Given the sensitive nature of research on violence, and the potential risks to participants, the research design incorporates multiple strategies to uphold participant safety and to ensure ethical practice. The collaborative approach to the study will support ethical conduct by enhancing the clarity of consent forms and research instruments as well as identifying case-specific risks based on knowledge users’ familiarity and understanding of different settings. The multiple qualitative methods that comprise the study design afford participants different degrees of choice and control in what they say, record, and do, which is crucial to protecting privacy and mitigating emotional harm. Consent forms for all phases of the study identify potential risks and provide clear descriptions of what research participation entails. We anticipate that some observational participants will not be able to provide informed consent due to cognitive or other impairments. In such cases, we will seek proxy consent from a designated relative, while also practicing ongoing process consent (Dewing, 2002). Participants’ thoughts and feelings will remain private and confidential. If the researchers learn or see that a participant is in immediate danger, they will, however, be compelled to disclose this information to relevant authorities. As such, our ethical approach is fundamentally processual and provisional, subject to reconsideration based on emergent ethically important moments that invariably arise over the course of research (González-López, 2011; Guillemin & Gillam, 2004; Pollock, 2012; van den Hoonaard & van den Hoonaard, 2012).

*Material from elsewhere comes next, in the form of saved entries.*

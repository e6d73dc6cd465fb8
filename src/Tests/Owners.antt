-- ===== src/Tests/Owners.antt =====
-- Windows/src/pb_process.c: the caches of pids and owners on small inputs.
use proxy_bridge.Prelude.{
  ℕ, ◌≤◌, true, false, ◌≡◌, ◌≢◌, refl, ◌⊎◌, List, [], ◌∷◌, Option, none, some, ltb, if◌then◌else◌,
  Bytes, replicate, All, arith,
}
use proxy_bridge.Rules.Store.{RuleStore}
use proxy_bridge.Conntrack.{put}
use proxy_bridge.Owners.{
  LocalEnd, PidCache, same_end, pid_cache_hash, find_pid, fresh_pid, get_cached_pid, renew_pid,
  store_pid, cache_pid, free_pids, purge_udp_port, reap_pid,
}
use proxy_bridge.Owners.Buckets.{hash_ports}
use proxy_bridge.Owners.Known.{
  PidCall, stores, purges, reaps, call_pid, call_pids, tell, tell_all, get_cached_pid-calls,
}
use proxy_bridge.Owners.Events.{
  OwnerEntry, OwnerCache, Owners, Sought, owner_cache_hash, fits, score, best_owner,
  get_owner_event_pid, remove_owner_event_endpoint,
}
use proxy_bridge.Owners.Events.Fit.{Fits}
use proxy_bridge.Owners.Events.Best.{Foremost, get_owner_event_pid-Foremost}
use proxy_bridge.Owners.Events.Gone.{get_cached_pid-remove}
use proxy_bridge.Owners.Tables.{
  Scratch, Answer, no_error, insufficient, grow, pidtbl_reserve, attempts, first_call, after_first,
  owner_table_fetch,
}
use proxy_bridge.Owners.Tables.Fetched.{Serves, IsScratch, owner_table_fetch-Gets}
use proxy_bridge.Owners.Lookups.{
  OwnerRow, same_v4, tcp_owner, udp_owner, udp_owner_v4, get_process_id_from_connection, tcp_end,
  cached_or,
}
use proxy_bridge.Owners.Lookups.Cached
use proxy_bridge.Owners.Lookups.Cached.{get_process_id_from_connection-again}

abbrev dns_end : LocalEnd
dns_end = record { src_ip = 16777343; src_port = 5353; is_udp = true }

abbrev web : LocalEnd
web = record { src_ip = 16777343; src_port = 50000; is_udp = false }

abbrev pid_calls : List PidCall
pid_calls =
    stores true 100 dns_end 7
    ∷ stores true 120 web 8
    ∷ stores false 150 web 9
    ∷ purges 5353
    ∷ reaps web 160
    ∷ []

get_cached_pid-calls_example :
    get_cached_pid 200 web (call_pids pid_calls (λ slot. []))
    ≡ fresh_pid 200 (tell_all pid_calls (λ j. none) web)
get_cached_pid-calls_example = get_cached_pid-calls pid_calls 200 web

abbrev mapped : ℕ → Bytes
mapped last = 0 ∷ 0 ∷ 0 ∷ 0 ∷ 0 ∷ 0 ∷ 0 ∷ 0 ∷ 0 ∷ 0 ∷ 255 ∷ 255 ∷ 127 ∷ 0 ∷ 0 ∷ last ∷ []

-- An entry that is bound to no address, and one of the whole flow.
abbrev wildcard : OwnerEntry
wildcard = record {
  local_addr = replicate 16 0;
  remote_addr = replicate 16 0;
  local_port = 5353;
  remote_port = 0;
  pid = 11;
  endpoint_id = 1;
  timestamp = 1000;
  is_udp = true;
  source_layer = 1;
}

abbrev exact : OwnerEntry
exact = record wildcard {
  local_addr = mapped 1;
  remote_addr = mapped 2;
  remote_port = 53;
  pid = 12;
  endpoint_id = 2;
}

abbrev sought : Sought
sought = record {
  local_addr = mapped 1;
  local_port = 5353;
  remote_addr = mapped 2;
  remote_port = 53;
  is_udp = true;
}

abbrev events : OwnerCache
events slot = wildcard ∷ exact ∷ []

get_owner_event_pid-Foremost_example :
    ((get_owner_event_pid 2000 sought events ≡ 0)
      × All (λ x. ¬ Fits 2000 sought x) (events (owner_cache_hash 5353 true)))
    ⊎ Foremost 2000 sought
        (events (owner_cache_hash 5353 true))
        (get_owner_event_pid 2000 sought events)
get_owner_event_pid-Foremost_example = get_owner_event_pid-Foremost 2000 sought events

abbrev rule_store : RuleStore
rule_store = record {
  rules = [];
  next_rule_id = 1;
  has_active_rules = false;
  has_domain_rules = false;
  udp_generation = 4;
  running = true;
  dns_flushes = 0;
}

abbrev owners : Owners
owners = record {
  events = events;
  pids = λ slot. record { end = dns_end; pid = 12; timestamp = 1500 } ∷ [];
  rules = rule_store;
}

get_cached_pid-remove_example :
    get_cached_pid 2000 dns_end (remove_owner_event_endpoint 2 1 owners).pids ≡ 0
get_cached_pid-remove_example =
    get_cached_pid-remove 2 1 7 1 2000 16777343 owners exact (omega arith) refl refl refl

abbrev row : ℕ → ℕ → OwnerRow ℕ
row port pid = record { local_addr = 16777343; local_port = port; pid = pid }

-- A row in TIME_WAIT, without an owner, stands before the one of the connection.
abbrev rows : List (OwnerRow ℕ)
rows = row 20675 0 ∷ row 20675 40 ∷ []

-- A system that needs 70000 bytes at first, and then 90000.
abbrev needed : ℕ → ℕ
needed k = if ltb k 2 then 70000 else 90000

abbrev owner_call : ℕ → Option ℕ → Answer (OwnerRow ℕ)
owner_call k none = insufficient (needed k)
owner_call k (some size) =
    if ltb size (needed k) then insufficient (needed k) else no_error rows (needed k)

serves : Serves (OwnerRow ℕ) needed (λ k. rows) owner_call
serves = record {
  ample = λ k size h. ground arith;
  short = λ k size h. ground arith;
  sizing = refl;
}

abbrev no_buffer : Scratch
no_buffer = record { present = false; cap = 0 }

no_buffer-IsScratch : IsScratch no_buffer
no_buffer-IsScratch = record { small = omega arith; empty = λ e. refl }

owner_table_fetch-Gets_example :
    (m : ℕ) × (m ≤ 1) × ((owner_table_fetch (λ n. true) owner_call no_buffer).0 ≡ some rows)
owner_table_fetch-Gets_example =
    owner_table_fetch-Gets (λ n. true) owner_call needed (λ k. rows) 0 no_buffer (λ n. refl) serves
      (λ k. ground arith) no_buffer-IsScratch (omega arith) (omega arith)

abbrev empty_cache : PidCache
empty_cache slot = []

nothing_cached : get_cached_pid 100 (tcp_end 16777343 50000) empty_cache ≡ 0
unfolding get_cached_pid find_pid fresh_pid
nothing_cached = refl

row_found : tcp_owner same_v4 16777343 50000 rows ≢ 0
unfolding tcp_owner
row_found = omega arith

get_process_id_from_connection-again_example :
    let first =
      get_process_id_from_connection true 100 101 16777343 50000 (some rows) empty_cache in
    (first.0 ≡ tcp_owner same_v4 16777343 50000 rows)
    × (get_process_id_from_connection false 20000 20001 16777343 50000 none
          (reap_pid web 9000 first.1)
        ≡ (first.0, reap_pid web 9000 first.1))
get_process_id_from_connection-again_example =
    get_process_id_from_connection-again false 100 101 20000 20001 16777343 50000 rows none
      empty_cache _ nothing_cached row_found (omega arith) (omega arith) (omega arith)
      (Cached.reaps web 9000 Cached.unswept (omega arith) (omega arith) (omega arith))

hash_ports_example :
    (pid_cache_hash dns_end ≡ pid_cache_hash (record dns_end { src_port = 50000; is_udp = false }))
    × (owner_cache_hash 5353 true ≡ owner_cache_hash 50000 true)
hash_ports_example = hash_ports 16777343 5353 50000 true false

-- Runs of the model.
program : Unit {0}
unfolding put same_end pid_cache_hash find_pid fresh_pid get_cached_pid renew_pid store_pid
    cache_pid free_pids reap_pid purge_udp_port call_pid call_pids tell tell_all owner_cache_hash
    fits score best_owner get_owner_event_pid grow pidtbl_reserve attempts first_call after_first
    owner_table_fetch tcp_owner udp_owner udp_owner_v4 cached_or get_process_id_from_connection
program = tt

test_calls : get_cached_pid 200 web (call_pids pid_calls (λ slot. [])) ≡ 9
unfolding program
test_calls = refl

test_purged : get_cached_pid 200 dns_end (call_pids pid_calls (λ slot. [])) ≡ 0
unfolding program
test_purged = refl

test_best : get_owner_event_pid 2000 sought events ≡ 12
unfolding program
test_best = refl

test_expired : get_owner_event_pid 121000 sought events ≡ 0
unfolding program
test_expired = refl

test_fetch :
    (owner_table_fetch (λ n. true) owner_call no_buffer).1 ≡ record { present = true; cap = 131072 }
unfolding program
test_fetch = refl

test_time_wait :
    (get_process_id_from_connection true 100 101 16777343 50000 (some rows) empty_cache).0 ≡ 40
unfolding program
test_time_wait = refl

Additional resources will also be provided to participants (e.g., referrals to support) so that if they need support or wish to discuss their experiences of violence, they have the information to do so. In addition to these procedural ethics protocols, the research team will also use weekly research meetings to reflect on, question, and address unanticipated ethical issues as well as debrief with trainees. During the observation phase of the research, team debriefing meetings will occur at the end of each observational session (i.e., daily) to support situational and relational ethics as well as overall data quality (Tracy, 2010).

Rigor and Proposed Outcomes

Guided by a comprehensive conceptualization of violence that emphasizes the role of context and multi-level processes, the team-based comparative case study protocol will provide rich, detailed, and complex data to inform future violence prevention strategies. Importantly, integrated knowledge translation will facilitate more relevant and precise data collection, provide input on early findings to enhance credibility, and support the practical application of findings. The learning that is already taking place as a part of this approach is a core outcome of this project. Another strength of the study design is the diversity of voices included in the knowledge user advisory committee and the proposed sample. In contrast to previous research, the study examines the experiences of different actors involved in care relationships across different long-term care settings contributing to relational, contextual, and systematic understandings of violence. By integrating mixed methods findings from document analysis, surveys, interviews, digital diaries, and observations in these care settings, the study will provide concrete detail and thick description of multi-level features influencing violence, including structural factors (e.g., state and organizational policies and practices) as well as day to day site-specific factors that influence experiences and responses to violence. Finally, through a largely remote design, the study will document violence that has become even more hidden in the context of COVID-19 because of physical distancing and other restrictions on visiting people outside one’s primary residence. Ultimately, the study aims to strengthen existing violence prevention strategies that fall short of protecting the safety of older adults and carers across long-term care.